Aquí la luz se hace redonda cuando, sobre las ocho, miro cómo la arena deja de brillar, porque se empieza a morir el día y la temperatura comienza a relajarse con un sol que ya es sólo un pulpo sin ojos y ya no es, hasta mañana, ese manantial de luz, jabones y agua. Así se marchó aquel día en el que el amor era una chica con turbante y un tímido estudiante que sólo sabía conjugar los nenúfares y las barcas. 

Voy a marcharme ahora mismo y pasaré el puente con decisión, cómo no, mientras pregunto por ti, a aquellas mujeres hermosas que guardan los abalorios en los mandiles de colores vivos, llenos de rayas. Como si aún estuviese lejos el futuro, como si aún nos quedase tiempo para comprarte miles de sortijas, de collares, de baratijas, como si aún te regañasen tus padres, por hablar con cualquier jovencito con vaqueros y una camisa de seda desabrochada.

Hoy, créetelo, he pensado en ti al volver a la Toja, porque el aire aún olía a ti, a los nardos, a los pinos, a las rosas, a las margaritas, a esa camiseta: los Beatles atravesando Abbey Road sobre tus pechos intangibles, como si les dieses tú el permiso de colarse en nuestras vidas, sonando para siempre “I want you” cada mañana.

Lloraste, entonces al despedirte y pensé que era el grito de una ninfa. Lloraste como si supieras que aquello tan hermoso sólo sería un soplo en nuestra vida, ese que va empujando la barca hasta que zozobre sobre el agua azul de esta ría. Sepas que, ahora mismo, te estoy escribiendo en esta hermosísima Liliput y te respiro en el aire fresquísimo que me acaricia con sus manos de viento, con ternura.

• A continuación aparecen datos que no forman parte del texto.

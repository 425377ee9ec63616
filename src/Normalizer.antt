-- ===== src/Normalizer.antt =====
-- The normalizer of packages/rag/src/rag/ingestion/parsers/financial_normalizer.py: values of filings
-- on one scale. A number is a decimal, exactly: the rounding of floats is left out.
pub mod Patterns
pub mod Values
pub mod Consistent
pub mod Spans
pub mod Kept
mod Examples
use stock_analyst.Shared.{
  ℕ, ◌+◌, ◌-◌, ◌*◌, Text, codes, List, [], ◌∷◌, ◌++◌, Bool, true, false, ◌&&◌, ◌||◌, not, Option,
  none, some, ◌==◌, is_empty, is_digit, lower, strip, same_text, filter_by, length, if◌then◌else◌,
}

-- (-1)^negative * mantissa / 10^decimals
pub record Decimal : Type 0 where
  pub negative : Bool
  pub mantissa : ℕ
  pub decimals : ℕ

-- Not a number is `none`; the confidence is in hundredths.
pub record NormalizedValue : Type 0 where
  pub raw_string : Text
  pub numeric_value : Option Decimal
  pub unit : Text
  pub currency : Option Text
  pub is_negative : Bool
  pub confidence : ℕ

-- A multiplier `times / 10^places`.
pub record Multiplier : Type 0 where
  pub times : ℕ
  pub places : ℕ

abbrev whole : ℕ → Multiplier
whole n = record { times = n; places = 0 }

abbrev thousandth : Multiplier
thousandth = record { times = 1; places = 3 }

-- `_MONETARY_SUFFIX_MULTIPLIER`, onto millions
abbrev pub monetary_suffixes : List (Text × Multiplier)
monetary_suffixes =
    (codes "b", whole 1000)
    ∷ (codes "bn", whole 1000)
    ∷ (codes "billion", whole 1000)
    ∷ (codes "m", whole 1)
    ∷ (codes "mm", whole 1)
    ∷ (codes "million", whole 1)
    ∷ (codes "k", thousandth)
    ∷ (codes "thousand", thousandth)
    ∷ []

-- `_COUNT_SUFFIX_MULTIPLIER`
abbrev pub count_suffixes : List (Text × Multiplier)
count_suffixes =
    (codes "b", whole 1000000000)
    ∷ (codes "bn", whole 1000000000)
    ∷ (codes "billion", whole 1000000000)
    ∷ (codes "m", whole 1000000)
    ∷ (codes "mm", whole 1000000)
    ∷ (codes "million", whole 1000000)
    ∷ (codes "k", whole 1000)
    ∷ (codes "thousand", whole 1000)
    ∷ []

-- `_CONTEXT_UNIT_MULTIPLIER`
abbrev pub context_units : List (Text × Multiplier)
context_units =
    (codes "thousands", thousandth)
    ∷ (codes "millions", whole 1)
    ∷ (codes "billions", whole 1000)
    ∷ []

-- `d.get(key)`
unfoldable pub lookup {ℓ} : {A : Type ℓ} → Text → List (Text × A) → Option A
lookup key [] = none
lookup key ((k, a) ∷ rest) =
    let later = lookup key rest in if same_text k key then some a else later

abbrev pub scale : Decimal → Multiplier → Decimal
scale d m = record d { mantissa = d.mantissa * m.times; decimals = d.decimals + m.places }

-- The digits of a text, to the right of what is read; `none` at any other character.
unfoldable pub read_digits : ℕ → Text → Option ℕ
read_digits n [] = some n
read_digits n (c ∷ t) =
    let rest = read_digits (n * 10 + (c - b'0')) t in if is_digit c then rest else none

-- A decimal point parts a text.
unfoldable pub split_point : Text → Text × Option Text
split_point [] = ([], none)
split_point (c ∷ t) =
    let rest = split_point t in if c == b'.' then ([], some t) else (c ∷ rest.0, rest.1)

unfoldable pub unsigned : Bool → Text → Option Decimal
unsigned negative t =
    let (left, right) = split_point t in
    let fraction : Text = elim right [ none ↦ [] | some r ↦ r ] in
    if is_empty (left ++ fraction) then none else elim (read_digits 0 (left ++ fraction)) [
      | none ↦ none
      | some n ↦ some (record { negative = negative; mantissa = n; decimals = length fraction })
    ]

-- `float`, on the numerals without an exponent, underscores or a name such as `nan`.
unfoldable pub float : Text → Option Decimal
float [] = none
float (c ∷ t) =
    if c == b'-'
    then unsigned true t
    else if c == b'+'
    then unsigned false t
    else unsigned false (c ∷ t)

-- `_to_float`
unfoldable pub to_float : Text → Option Decimal
to_float t = float (strip (filter_by (λ c. not (c == b',')) t))
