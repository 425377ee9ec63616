-- ===== src/Evaluation/Polling.antt =====
-- `_poll_task` of run_eval.py: a task is read every two seconds until it is settled or five minutes
-- are over. What the server answers, and the clock at each deadline test, are parameters.
use stock_analyst.Shared.{
  ℕ, zero, suc, ◌+◌, ◌*◌, ◌≤◌, ◌<◌, Text, Bool, true, false, Option, none, some, Raises, ok, raised,
  failure, Error, if◌then◌else◌, ltb, Bool-cases, Raises-cases, ltb→lt, ◌≡◌, refl, ◌∙◌, inl, inr,
  ◌⊎◌, arith,
}
use stock_analyst.Orchestrator.Tasks.{TaskStatus, queued, running, completed, failed, cancelled}

-- `result` of a task, as the endpoint shows it.
pub record Answer : Type 0 where
  pub content : Text
  pub llm_used : Option Text
  pub tokens_used : ℕ

pub record TaskView : Type 0 where
  pub status : TaskStatus
  pub result : Option Answer

-- `task["status"] in ("completed", "failed", "cancelled")`
abbrev pub is_settled : TaskStatus → Bool
is_settled completed = true
is_settled failed = true
is_settled cancelled = true
is_settled queued = false
is_settled running = false

-- The statuses of a task that is over, and those of a task that is not.
abbrev pub IsOver : TaskStatus → Type 0
IsOver st = (st ≡ completed) ⊎ ((st ≡ failed) ⊎ (st ≡ cancelled))

abbrev pub IsActive : TaskStatus → Type 0
IsActive st = (st ≡ queued) ⊎ (st ≡ running)

settled→IsOver : (st : TaskStatus) → is_settled st ≡ true → IsOver st
settled→IsOver completed h = inl refl
settled→IsOver failed h = inr (inl refl)
settled→IsOver cancelled h = inr (inr refl)
settled→IsOver queued h = cc
settled→IsOver running h = cc

busy→IsActive : (st : TaskStatus) → is_settled st ≡ false → IsActive st
busy→IsActive queued h = inl refl
busy→IsActive running h = inr refl
busy→IsActive completed h = cc
busy→IsActive failed h = cc
busy→IsActive cancelled h = cc

-- Milliseconds.
abbrev pub poll_interval : ℕ
poll_interval = 2000

abbrev pub poll_timeout : ℕ
poll_timeout = 300000

-- More reads than two-second pauses fit before the deadline is over.
abbrev pub poll_fuel : ℕ
poll_fuel = 152

module _ (reply : ℕ → Raises TaskView) (clock : ℕ → ℕ) (deadline : ℕ) where
  -- From the `i`-th read on; `none` is out of fuel.
  unfoldable pub poll_from : ℕ → ℕ → Option (Raises TaskView)
  poll_from zero i = none
  poll_from (suc fuel) i =
      let later = poll_from fuel (i + 1) in
      elim (reply i) [
        | raised e ↦ some (raised e)
        | ok task ↦
            if is_settled task.status
            then some (ok task)
            else if ltb deadline (clock i)
            then some (raised failure)
            else later
      ]

  -- A read after which the polling goes on.
  abbrev pub IsPending : ℕ → Type 0
  IsPending i =
      (task : TaskView) × (reply i ≡ ok task) × IsActive task.status × (clock i ≤ deadline)

  -- The read that decides, and how.
  abbrev pub IsDecided : ℕ → Raises TaskView → Type 0
  IsDecided i (ok task) = (reply i ≡ ok task) × IsOver task.status
  IsDecided i (raised e) =
      (reply i ≡ raised e)
      ⊎ ((task : TaskView) × (reply i ≡ ok task)
          × IsActive task.status
          × (deadline < clock i)
          × (e ≡ failure))

  -- The reads from the `i`-th on: so many pauses, and what decides.
  pub data Polled : ℕ → ℕ → Raises TaskView → Type 0 where
    decided : {i : ℕ} {r : Raises TaskView} → IsDecided i r → Polled i 0 r
    goes_on :
        {i n : ℕ} {r : Raises TaskView} → IsPending i → Polled (i + 1) n r → Polled i (suc n) r

  -- The polling from the `i`-th read ends, with at most `most` pauses.
  abbrev pub Ends : ℕ → ℕ → Option (Raises TaskView) → Type 0
  Ends most i o = (r : Raises TaskView) × (n : ℕ) × (o ≡ some r) × (n ≤ most) × Polled i n r

-- `_poll_task`, begun at `started`; the fuel lasts by `poll_task-Ends`.
unfoldable pub poll_task : (ℕ → Raises TaskView) → (ℕ → ℕ) → ℕ → Raises TaskView
poll_task reply clock started = elim (poll_from reply clock (started + poll_timeout) poll_fuel 0) [
  | some r ↦ r
  | none ↦ raised failure
]

module _ (reply : ℕ → Raises TaskView) (clock : ℕ → ℕ) (deadline : ℕ) where
  -- What one read comes to.
  poll_from-raised :
      (fuel i : ℕ) {e : Error}
      → reply i ≡ raised e
      → poll_from reply clock deadline (suc fuel) i ≡ some (raised e)
  unfolding poll_from
  poll_from-raised fuel i h = rw (poll_from, h) refl

  poll_from-settled :
      (fuel i : ℕ) {task : TaskView}
      → reply i ≡ ok task
      → is_settled task.status ≡ true
      → poll_from reply clock deadline (suc fuel) i ≡ some (ok task)
  unfolding poll_from
  poll_from-settled fuel i h done = rw (poll_from, h, done) refl

  poll_from-late :
      (fuel i : ℕ) {task : TaskView}
      → reply i ≡ ok task
      → is_settled task.status ≡ false
      → ltb deadline (clock i) ≡ true
      → poll_from reply clock deadline (suc fuel) i ≡ some (raised failure)
  unfolding poll_from
  poll_from-late fuel i h busy late = rw (poll_from, h, busy, late) refl

  poll_from-pending :
      (fuel i : ℕ) {task : TaskView}
      → reply i ≡ ok task
      → is_settled task.status ≡ false
      → ltb deadline (clock i) ≡ false
      → poll_from reply clock deadline (suc fuel) i ≡ poll_from reply clock deadline fuel (i + 1)
  unfolding poll_from
  poll_from-pending fuel i h busy early = rw (poll_from, h, busy, early) refl

  -- The polling ends with this read.
  Ends-now :
      (most i : ℕ) (r : Raises TaskView) {o : Option (Raises TaskView)}
      → IsDecided reply clock deadline i r
      → o ≡ some r
      → Ends reply clock deadline most i o
  Ends-now most i r d e = (r, 0, e, omega arith, decided d)

  Ends-later :
      (most i : ℕ) {o p : Option (Raises TaskView)}
      → IsPending reply clock deadline i
      → p ≡ o
      → Ends reply clock deadline most (i + 1) o
      → Ends reply clock deadline (suc most) i p
  Ends-later most i pending same (r, n, e, bound, polled) =
      (r, suc n, same ∙ e, omega (arith, bound), goes_on pending polled)

  early→le : (i : ℕ) → ltb deadline (clock i) ≡ false → clock i ≤ deadline
  early→le i h = ground arith

  -- A read that is not the last leaves the polling to the next one.
  poll_from-step :
      (most i : ℕ)
      → (IsPending reply clock deadline i
          → poll_from reply clock deadline (suc most) i
            ≡ poll_from reply clock deadline most (i + 1)
          → Ends reply clock deadline most i (poll_from reply clock deadline (suc most) i))
      → Ends reply clock deadline most i (poll_from reply clock deadline (suc most) i)
  poll_from-step most i later = elim (Raises-cases (reply i)) [
    | inl (e, h) ↦ Ends-now most i (raised e) (inl h) (poll_from-raised most i h)
    | inr (task, h) ↦ elim (Bool-cases (is_settled task.status)) [
      | inl done ↦
          Ends-now most i (ok task) (h, settled→IsOver task.status done)
            (poll_from-settled most i h done)
      | inr busy ↦ elim (Bool-cases (ltb deadline (clock i))) [
        | inl over ↦
            Ends-now most i (raised failure)
              (inr (task, h, busy→IsActive task.status busy, ltb→lt deadline (clock i) over, refl))
              (poll_from-late most i h busy over)
        | inr early ↦
            later (task, h, busy→IsActive task.status busy, early→le i early)
              (poll_from-pending most i h busy early)
      ]
    ]
  ]

  poll_from-Ends :
      ((i : ℕ) → clock i + poll_interval ≤ clock (i + 1))
      → (most i : ℕ) → deadline < clock i + poll_interval * most
      → Ends reply clock deadline most i (poll_from reply clock deadline (suc most) i)
  poll_from-Ends ticks zero i late =
      poll_from-step zero i (λ (_, _, _, early) same. absurd (omega (arith, early, late)))
  poll_from-Ends ticks (suc most) i late = poll_from-step (suc most) i (λ pending same.
      Ends-later most i pending same
        (poll_from-Ends ticks most (i + 1) (omega (arith, ticks i, late))))

-- What a task's server answers, and a clock that moves by two seconds from one read to the next: the
-- polling ends after at most 151 pauses. Before the last read every task read is neither completed,
-- failed nor cancelled, and not late; the last raises, and so does the polling, or it is settled and
-- returned, or it is not settled and late, which raises.
pub poll_task-Ends :
    (reply : ℕ → Raises TaskView) (clock : ℕ → ℕ) (started : ℕ)
    → started ≤ clock 0
    → ((i : ℕ) → clock i + poll_interval ≤ clock (i + 1))
    → (n : ℕ) × (n ≤ 151)
      × Polled reply clock (started + poll_timeout) 0 n (poll_task reply clock started)
unfolding poll_task
poll_task-Ends reply clock started begun ticks =
    let (r, n, e, bound, polled) =
      poll_from-Ends reply clock (started + poll_timeout) ticks 151 0 (omega (arith, begun)) in
    (n, bound, rw (poll_task, e) polled)
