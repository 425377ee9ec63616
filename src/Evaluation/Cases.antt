-- ===== src/Evaluation/Cases.antt =====
-- A run of the golden dataset of run_eval.py: a case is dispatched, polled, checked and scored, one
-- case after the other. The HTTP client and the clock are parameters; the scores are those of the
-- modelled enforcer, which has no session here.
use stock_analyst.Shared.{
  ℕ, Text, codes, List, [], ◌∷◌, ◌++◌, Bool, false, Option, none, some, leb, length, all, Raises,
  ok, raised, failure, ◌>>=◌, Error,
}
use stock_analyst.Shared.Regex.{find_iter}
use stock_analyst.Message.{
  AgentType, industry_analyst, earnings_monitor, AgentOutput, EnforcerStatus,
}
use stock_analyst.Orchestrator.Tasks.{failed}
use stock_analyst.Enforcer.Patterns.{citation_pattern}
use stock_analyst.Enforcer.Quotes.{QuoteSearch}
use stock_analyst.Enforcer.Validate.{validate}
use stock_analyst.Normalizer.{lookup}
use stock_analyst.Evaluation.{Case, CaseResult, CheckOutcome, execution, no_hallucinations}
use stock_analyst.Evaluation.Checks.{run_checks, coverage_of, outcome}
use stock_analyst.Evaluation.Polling.{Answer, TaskView, poll_task}

-- The manifest of the fixtures: what the labels of coverages and the names of documents stand for.
pub record Entry : Type 0 where
  pub coverage_id : Text
  pub documents : List (Text × Text)

pub record Manifest : Type 0 where
  pub tenant_id : Text
  pub coverages : List (Text × Entry)

-- The body of the request that dispatches a case.
pub data Dispatch : Type 0 where
  industry_analysis : Text → Dispatch
  quarterly_update : Text → Dispatch
  default : AgentType → Dispatch

-- The server, by coverage and by task: a dispatch gives a task, and a task is read time and again,
-- with the clock at the start of the polling and at each deadline test.
pub record EvalClient : Type 0 where
  pub post : Text → Dispatch → Raises Text
  pub get : Text → ℕ → Raises TaskView
  pub started : Text → ℕ
  pub clock : Text → ℕ → ℕ

-- `d[key]`, which raises where the key is missing
abbrev pub found_or_raise {ℓ} : {A : Type ℓ} → Option A → Raises A
found_or_raise none = raised failure
found_or_raise (some a) = ok a

unfoldable pub resolve_coverage_id : Manifest → Text → Raises Text
resolve_coverage_id m label = do
  entry ← found_or_raise (lookup label m.coverages)
  ok entry.coverage_id

unfoldable pub resolve_document_id : Manifest → Text → Text → Raises Text
resolve_document_id m label name = do
  entry ← found_or_raise (lookup label m.coverages)
  found_or_raise (lookup name entry.documents)

-- The request of a case, by the agent.
unfoldable pub dispatch_of : AgentType → Manifest → Case → Raises Dispatch
dispatch_of industry_analyst m c = do
  name ← found_or_raise c.industry_name
  ok (industry_analysis name)
dispatch_of earnings_monitor m c = do
  name ← found_or_raise c.new_document
  document ← resolve_document_id m c.coverage_label name
  ok (quarterly_update document)
dispatch_of agent m c = ok (default agent)

abbrev pub no_answer : Answer
no_answer = record { content = []; llm_used = none; tokens_used = 0 }

-- A failed task raises; a task without a result has an empty answer.
unfoldable pub answer_of : TaskView → Raises Answer
answer_of task = elim task.status [
  | failed ↦ raised failure
  | _ ↦ ok (elim task.result [ none ↦ no_answer | some a ↦ a ])
]

-- `_execute_case`
unfoldable pub execute_case : AgentType → Manifest → EvalClient → Case → Raises Answer
execute_case agent m client c = do
  coverage ← resolve_coverage_id m c.coverage_label
  body ← dispatch_of agent m c
  task_id ← client.post coverage body
  task ← poll_task (client.get task_id) (client.clock task_id) (client.started task_id)
  answer_of task

-- The output that the enforcer is given.
abbrev pub output_of : AgentType → Text → Text → Text → AgentOutput
output_of agent tenant coverage content = record {
  message_id = codes "eval";
  agent = agent;
  task_id = codes "eval";
  coverage_id = coverage;
  tenant_id = tenant;
  content = content;
  citations = [];
  citation_coverage_pct = record { cited = 0; claims = 1 };
  llm_used = [];
  tokens_used = 0;
  latency_ms = 0;
  approved_by_enforcer = false;
  enforcer_status = EnforcerStatus.pending;
  error = none;
}

-- Hallucinations, paraphrases and citations.
pub record Scores : Type 0 where
  pub hallucinations : ℕ
  pub paraphrases : ℕ
  pub citations : ℕ

abbrev pub no_scores : Scores
no_scores = record { hallucinations = 0; paraphrases = 0; citations = 0 }

-- `_score_hallucinations`; the search is bound to the tenant and the coverage.
unfoldable pub score_hallucinations :
    AgentType → Manifest → (Text → Text → QuoteSearch) → Case → Text → Raises Scores
score_hallucinations agent m search c content = elim (find_iter citation_pattern content) [
  | [] ↦ ok no_scores
  | q ∷ qs ↦ do
    coverage ← resolve_coverage_id m c.coverage_label
    (result, rows) ←
        validate (λ _. none) (search m.tenant_id coverage) false
          (output_of agent m.tenant_id coverage content) m.tenant_id coverage
    ok (record {
      hallucinations = result.hallucination_count;
      paraphrases = length result.paraphrase_warnings;
      citations = length (q ∷ qs);
    })
]

abbrev pub allowed : Case → ℕ
allowed c = elim c.max_hallucinations [ none ↦ 0 | some n ↦ n ]

abbrev pub check_passes : CheckOutcome → Bool
check_passes k = k.passed

-- The result of a case whose execution raises.
unfoldable pub failed_result : Case → ℕ → Error → CaseResult
failed_result c elapsed e = record {
  test_id = c.test_id;
  name = c.name;
  passed = false;
  checks = outcome execution false ∷ [];
  citation_coverage_pct = record { cited = 0; claims = 1 };
  hallucination_count = 0;
  paraphrase_count = 0;
  citations_found = 0;
  latency_ms = elapsed;
  llm_used = none;
  tokens_used = 0;
  error = some e;
}

unfoldable pub checks_of_case : Case → Text → Scores → List CheckOutcome
checks_of_case c content s =
    run_checks c content ++ (outcome no_hallucinations (leb s.hallucinations (allowed c)) ∷ [])

unfoldable pub scored_result : Case → ℕ → Answer → Scores → CaseResult
scored_result c elapsed a s =
    let checks = checks_of_case c a.content s in
    record {
      test_id = c.test_id;
      name = c.name;
      passed = all check_passes checks;
      checks = checks;
      citation_coverage_pct = coverage_of a.content;
      hallucination_count = s.hallucinations;
      paraphrase_count = s.paraphrases;
      citations_found = s.citations;
      latency_ms = elapsed;
      llm_used = a.llm_used;
      tokens_used = a.tokens_used;
      error = none;
    }

-- `run_case` : what the execution raises is a failed result, what the scoring raises is not caught.
unfoldable pub run_case :
    AgentType
    → Manifest
    → EvalClient
    → (Text → Text → QuoteSearch)
    → (Case → ℕ)
    → Case
    → Raises CaseResult
run_case agent m client search elapsed c = elim (execute_case agent m client c) [
  | raised e ↦ ok (failed_result c (elapsed c) e)
  | ok a ↦ do
    scores ← score_hallucinations agent m search c a.content
    ok (scored_result c (elapsed c) a scores)
]

-- `run_all`, over the runs of the cases
unfoldable pub run_all : (Case → Raises CaseResult) → List Case → Raises (List CaseResult)
run_all run [] = ok []
run_all run (c ∷ cs) = do result ← run c; results ← run_all run cs; ok (result ∷ results)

 Y de repente me pongo a preguntarme si exististe alguna vez, si caminaste sobre esta isla de ensueño, si nos quisimos tanto como digo, si tus besos eran o no el inicio del camino. Eres tan perfecta en mi recuerdo que aún me lo pregunto. Porque después no hubo nada, pero entonces… estábamos al raso y puros.